Makes me think that we should ignore the political process if we want to change the world, and instead take the battle to the internet and other forms of media and culture.


----------



## Fsharpmajor (Dec 14, 2008)

Strong language warning. That stated, here's one of the Daily Mash's takes on this subject:

*http://www.thedailymash.co.uk/news/...they-can-lock-down-the-internet-201204035088/*

And another:

*[url]http://www.thedailymash.co.uk/news/society/britain-officially-a-dystopia-201203225043/*[/URL]


----------



## Cnote11 (Jul 17, 2010)

Oh yes, I read that Polednice. I think what is going on is a mix of both, and then a little bit of neither. I do feel like we're fast approaching absurd mediocrity in the mainstream, if we're already haven't been there. I honestly do think, and this relates to the plastic surgery thread, that our current political system is a reflection of the populace. We can try to change the political system but the attitude of the populace remains the same. It is the attitude that creates the change, and not the other way around. This is why many people who have plastic surgery still remain unhappy and need to get more, because it is an internal issue. We can't make a superficial change if we want to change anything. Sadly, that is all people really want to go for, because the tendency of people to take the short-term idea over the long-term idea, even if they know the short-term is a horrible one or will not last. Ah, people.


----------



## Fsharpmajor (Dec 14, 2008)

I think this thread ought to be leading somewhere, and maybe I derailed it myself with my Daily Mash links. In which case, I apologize.

Anyway, here's a good editorial from the Independent on Cameron's and May's proposed surveillance system:

*http://www.independent.co.uk/opinio...-the-act-of-a-pm-with-no-beliefs-7615452.html*

A sleuth might be able to identify my alter ego in the comments at the end of it.


----------



## kv466 (May 18, 2011)

'La la la, lalala, la la lala'..."and I feel fine".


----------



## Fsharpmajor (Dec 14, 2008)

kv, I can understand why you're not concerned with British politics. There's no reason why you should be. What we're trying to see off here in the UK, though (and I think we've gotten rid of it--it will probably never fly again) is the equivalent of your so-called Patriot Act, which I think even George Orwell could not possibly have named more euphemistically.

Osama bin Laden did far more damage to the liberty of your country than he could ever have imagined, thanks to the Patriot Act. As a free people, we don't want anything even remotely resembling it to take hold here.

It wouldn't do what it was supposedly meant to do, and it would be used for things that it was supposedly not meant to be used for. That is, if it could even be implemented in the first place. And because, in the end, it probably couldn't be made to work either way--any idiot, even me, could fly rings around it in any number of ways--it would be a complete waste of public money which we could have spent on constructive things.


----------



## Sid James (Feb 7, 2009)

I'm not that worried about the quote you posted, Polednice, suggests to me re Huxley. If people want to tune out and just consume en masse, well let them. I don't have to, nobody has to.
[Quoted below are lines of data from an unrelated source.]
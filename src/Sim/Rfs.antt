-- ===== src/Sim/Rfs.antt =====
-- src/sim/simulator_rfs.cpp: the simulated RFS board, which acquires two waveforms when its flip register
-- is written. A pointer to a register is the register's name. The floating point arithmetic, sin and cos
-- are parameters; an epicsInt32 is its 32-bit word. What a write that throws has changed before is not
-- kept.
pub mod Pairs
pub mod Range
pub mod Slow
pub mod Times
pub mod Acquired
mod Tests
use feed_core.Prelude.{
  ℕ, zero, suc, ◌+◌, ◌-◌, ◌*◌, ◌/◌, ◌%◌, ◌^◌, Bool, true, false, ◌&&◌, ◌||◌, not, List, [], ◌∷◌,
  ◌++◌, Option, none, some, ltb, leb, ◌==◌, ◌===◌, if◌then◌else◌, Bytes, codes, length, set, get_or,
  replicate,
}
use feed_core.Prelude.Bits.{land, lor, bit}
use feed_core.Prelude.Exn.{Result, ok, err, runtime_error, fuel_out, ◌>>=◌}
use feed_core.Prelude.Maps.{lookup, insert, bytes_key}
use feed_core.Sim.{Simulator, SimReg, reg_write}
use feed_core.Sim.Hires.{Regs, storage, store}
use feed_core.Sim.Hires.Board.{all_found, write_named}

-- The registers of one of the two waveforms: shell_X_dsp_chan_keep, shell_X_dsp_tag,
-- shell_X_circle_data and shell_X_slow_data.
pub record Shell : Type 0 where
  pub dsp_chan_keep : Bytes
  pub dsp_tag : Bytes
  pub circle_data : Bytes
  pub slow_data : Bytes

-- The name "shell_", a digit, and the rest.
abbrev pub shell_name : ℕ → Bytes → Bytes
shell_name i rest = codes "shell_" ++ (48 + i) ∷ rest

unfoldable pub shell : ℕ → Shell
shell i = record {
  dsp_chan_keep = shell_name i (codes "_dsp_chan_keep");
  dsp_tag = shell_name i (codes "_dsp_tag");
  circle_data = shell_name i (codes "_circle_data");
  slow_data = shell_name i (codes "_slow_data");
}

-- Simulator_RFS
pub record Rfs (Double : Type 0) : Type 0 where
  pub phase : Double
  pub circle_count : ℕ
  pub simulator : Simulator

abbrev pub shell_names : Shell → List Bytes
shell_names sh = sh.dsp_chan_keep ∷ sh.dsp_tag ∷ sh.circle_data ∷ sh.slow_data ∷ []

-- Simulator_RFS::Simulator_RFS, on the Simulator that it is built on.
unfoldable pub new_rfs : {Double : Type 0} → Double → Simulator → Result (Rfs Double)
new_rfs start s =
    all_found
      (codes "circle_buf_flip"
        ∷ codes "llrf_circle_ready"
        ∷ (shell_names (shell 0) ++ shell_names (shell 1)))
      s
    >>= (λ found. ok (record { phase = start; circle_count = 0; simulator = found }))

-- `a < b` on epicsInt32.
unfoldable pub signed_lt : ℕ → ℕ → Bool
signed_lt a b = ltb ((a + 2 ^ 31) % 2 ^ 32) ((b + 2 ^ 31) % 2 ^ 32)

-- The least and the greatest of the values so far.
unfoldable pub track_min : Bool → ℕ → ℕ → ℕ
track_min first adc m = if signed_lt adc m || first then adc else m

unfoldable pub track_max : Bool → ℕ → ℕ → ℕ
track_max first adc m = if signed_lt m adc || first then adc else m

-- The header of a waveform in its slow data: from slow[17] to slow[34].
unfoldable pub high_byte : ℕ → ℕ
high_byte w = w / 256 % 256

unfoldable pub low_byte : ℕ → ℕ
low_byte w = w % 256

abbrev pub four_words : ℕ → ℕ → List ℕ
four_words min max = high_byte min ∷ low_byte min ∷ high_byte max ∷ low_byte max ∷ []

unfoldable pub set_all : ℕ → List ℕ → List ℕ → List ℕ
set_all i [] slow = slow
set_all i (w ∷ ws) slow = set_all (i + 1) ws (set slow i w)

-- The end of acquire, from std::fill on, for slow data of this length.
unfoldable pub slow_words : ℕ → ℕ → ℕ → ℕ → ℕ → List ℕ
slow_words len circle_count tag min max =
    let counted =
      set_all 17 (high_byte circle_count ∷ low_byte circle_count ∷ []) (replicate len 0) in
    let ranged =
      set_all 21 (four_words min max ++ (four_words min max ++ four_words min max)) counted in
    set (set ranged 34 tag) 33 tag

-- What the loop over a waveform leaves: the index, the waveform, and the range of adc.
pub record Wave : Type 0 where
  pub at : ℕ
  pub arr : List ℕ
  pub min : ℕ
  pub max : ℕ

-- One of the two tests in a round: the channel is the one of this bit.
unfoldable pub keep_word : ℕ → ℕ → ℕ → ℕ × List ℕ → ℕ × List ℕ
keep_word mask b word (i, arr) =
    if (bit mask b == 1) && ltb i (length arr) then (i + 1, set arr i word) else (i, arr)

-- After the loop: the size of the slow data is checked when the waveform is already stored.
unfoldable pub describe : Shell → ℕ → ℕ → Regs → Wave → Result Regs
describe sh circle_count tag regs w =
    let stored = store sh.circle_data w.arr regs in
    let slow = storage sh.slow_data stored in
    if leb (length slow) 42
    then err (runtime_error "shell_X_slow_data register size too small" [])
    else ok (store sh.slow_data (slow_words (length slow) circle_count tag w.min w.max) stored)

-- `llrf_circle_ready.storage[0]` after a change.
unfoldable pub change_ready : (ℕ → ℕ) → Regs → Regs
change_ready f regs =
    let words = storage (codes "llrf_circle_ready") regs in
    store (codes "llrf_circle_ready") (set words 0 (f (get_or words 0 0))) regs

unfoldable pub write_base : {Double : Type 0} → Bytes → ℕ → ℕ → Rfs Double → Rfs Double
write_base name offset newval board =
    let s = board.simulator in
    record board {
      simulator = record s {
        reg_by_name = write_named (lookup name s.reg_by_name) name offset newval s.reg_by_name;
      };
    }

-- The operations on floating point numbers. T is a time: `advance n t` is the time after t for an array
-- of n words, `is_start t` is `T==0.0`, `adc t` the word of `amp * mod * sin(T)`, `start` the time 0.0.
-- `i_word t pha` and `q_word t pha` are the words of the I and Q values at a phase, `turn pha` is
-- `pha + 10.0` and `step phase` is `fmod(phase + 5.0, 360.0)`.
module _ {Double : Type 0} (i_word q_word : Double → Double → ℕ) (turn : Double → Double) where
  -- The loop over the I/Q pairs, for the n last ones: the pair n has the bits 2n-1 and 2n-2 of the mask.
  unfoldable pub pairs : ℕ → ℕ → Double → Double → ℕ × List ℕ → ℕ × List ℕ
  pairs zero mask t pha a = a
  pairs (suc n) mask t pha a =
      pairs n mask t (turn pha)
        (keep_word mask (2 * n) (q_word t pha) (keep_word mask (2 * n + 1) (i_word t pha) a))

module _ {Double : Type 0} (i_word q_word : Double → Double → ℕ) (turn : Double → Double)
    (advance : ℕ → Double → Double) (is_start : Double → Bool) (adc : Double → ℕ) where
  -- The loop over the times, for at most n rounds; fuel_out when it goes on after them.
  unfoldable pub times : ℕ → ℕ → Double → Double → Wave → Result Wave
  times zero mask phase t w = if ltb w.at (length w.arr) then err fuel_out else ok w
  times (suc n) mask phase t w =
      let a = pairs i_word q_word turn 6 mask t phase (w.at, w.arr) in
      let more = times n mask phase (advance (length w.arr) t) (record {
        at = a.0;
        arr = a.1;
        min = track_min (is_start t) (adc t) w.min;
        max = track_max (is_start t) (adc t) w.max;
      }) in
      if ltb w.at (length w.arr) then more else ok w

module _ {Double : Type 0} (i_word q_word : Double → Double → ℕ) (turn : Double → Double)
    (advance : ℕ → Double → Double) (is_start : Double → Bool) (adc : Double → ℕ)
    (start : Double) where
  -- Simulator_RFS::acquire
  unfoldable pub acquire : Shell → ℕ → Double → Regs → Result Regs
  acquire sh circle_count phase regs =
      let arr = storage sh.circle_data regs in
      let mask = get_or (storage sh.dsp_chan_keep regs) 0 0 % 2 ^ 12 in
      let tag = get_or (storage sh.dsp_tag regs) 0 0 % 2 ^ 16 in
      let done =
        times i_word q_word turn advance is_start adc (length arr) mask phase start
          (record { at = 0; arr = arr; min = 0; max = 0 })
        >>= describe sh circle_count tag regs in
      if mask == 0 then ok regs else done

  unfoldable pub acquire_if : ℕ → ℕ → Rfs Double → Regs → Result Regs
  acquire_if newval i board regs =
      let acquired = acquire (shell i) board.circle_count board.phase regs in
      if bit newval i == 1 then acquired else ok regs

module _ {Double : Type 0} (i_word q_word : Double → Double → ℕ) (turn : Double → Double)
    (advance : ℕ → Double → Double) (is_start : Double → Bool) (adc : Double → ℕ) (start : Double)
    (step : Double → Double) where
  -- Arming for newval, which has the bits of the two channels.
  unfoldable pub arm : ℕ → Rfs Double → Result (Rfs Double)
  arm newval board =
      let s = board.simulator in
      acquire_if i_word q_word turn advance is_start adc start newval 0 board
        (change_ready (λ w. land 32 w (2 ^ 32 - 1 - newval)) s.reg_by_name)
      >>= acquire_if i_word q_word turn advance is_start adc start newval 1 board
      >>= (λ regs. ok (record board {
        phase = step board.phase;
        simulator = record s { reg_by_name = change_ready (λ w. lor 32 w newval) regs };
      }))

  -- Simulator_RFS::reg_write
  unfoldable pub rfs_write : Bytes → ℕ → ℕ → Rfs Double → Result (Rfs Double)
  rfs_write name offset newval board =
      let armed = arm (newval % 4) board >>= (λ b. ok (write_base name offset (newval % 4) b)) in
      if (name === codes "circle_buf_flip") && (offset == 0) && not (newval == 0)
      then armed
      else ok (write_base name offset newval board)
I see Orwell's dystopia of more relevance, in various ways. Of course in the Stalinist state of North Korea, it's a horrible reality.

But even in Western democracies there's an element of it realised, eg. _1984 _the novel coined the term _double-speak _and _thought control_. This of course involves the media. I hate it when they do _double-speak_, same with politicians or business leaders. Just say what you mean. But of course they're massaging the truth, trying to hide the ugly reality. Genocide becomes _ethnic cleansing_, an invasion of a country becomes _deployment of forces_, mass sackings becoming _downsizing_. A distortion of the language with hidden agendas. I'm not a fan of their politics, but guys like John Pilger and Noam Chomsky speak to this (eg. the latter's _Manufacturing Consent_, which I saw 20 years ago on TV - they probably wouldn't show it now, which also says something).

However, I am optimist, or at least not totally pessimist, that at grassroots level, in our local communities, we can make changes. It's happening as we speak. Eg. look at Muhammad Yunus' _Grameen Bank _in Bangladesh, giving small loans to the poor for them to be able to start a business. Yunus won a Nobel Prize for his efforts. But he's a guy who's not in his ivory tower, he's out there involved at grassroots level. It's happening here as well, people on the ground doing something, replacing the bullsh*t with real solutions, real vision.

Anyway, this is a tangent. But the dystopia, the massaging of fact and covering up (or forgetting?) of history is happening, sadly. Not many people care about it. But as the saying goes, if you forget the past, you are bound to repeat your mistakes.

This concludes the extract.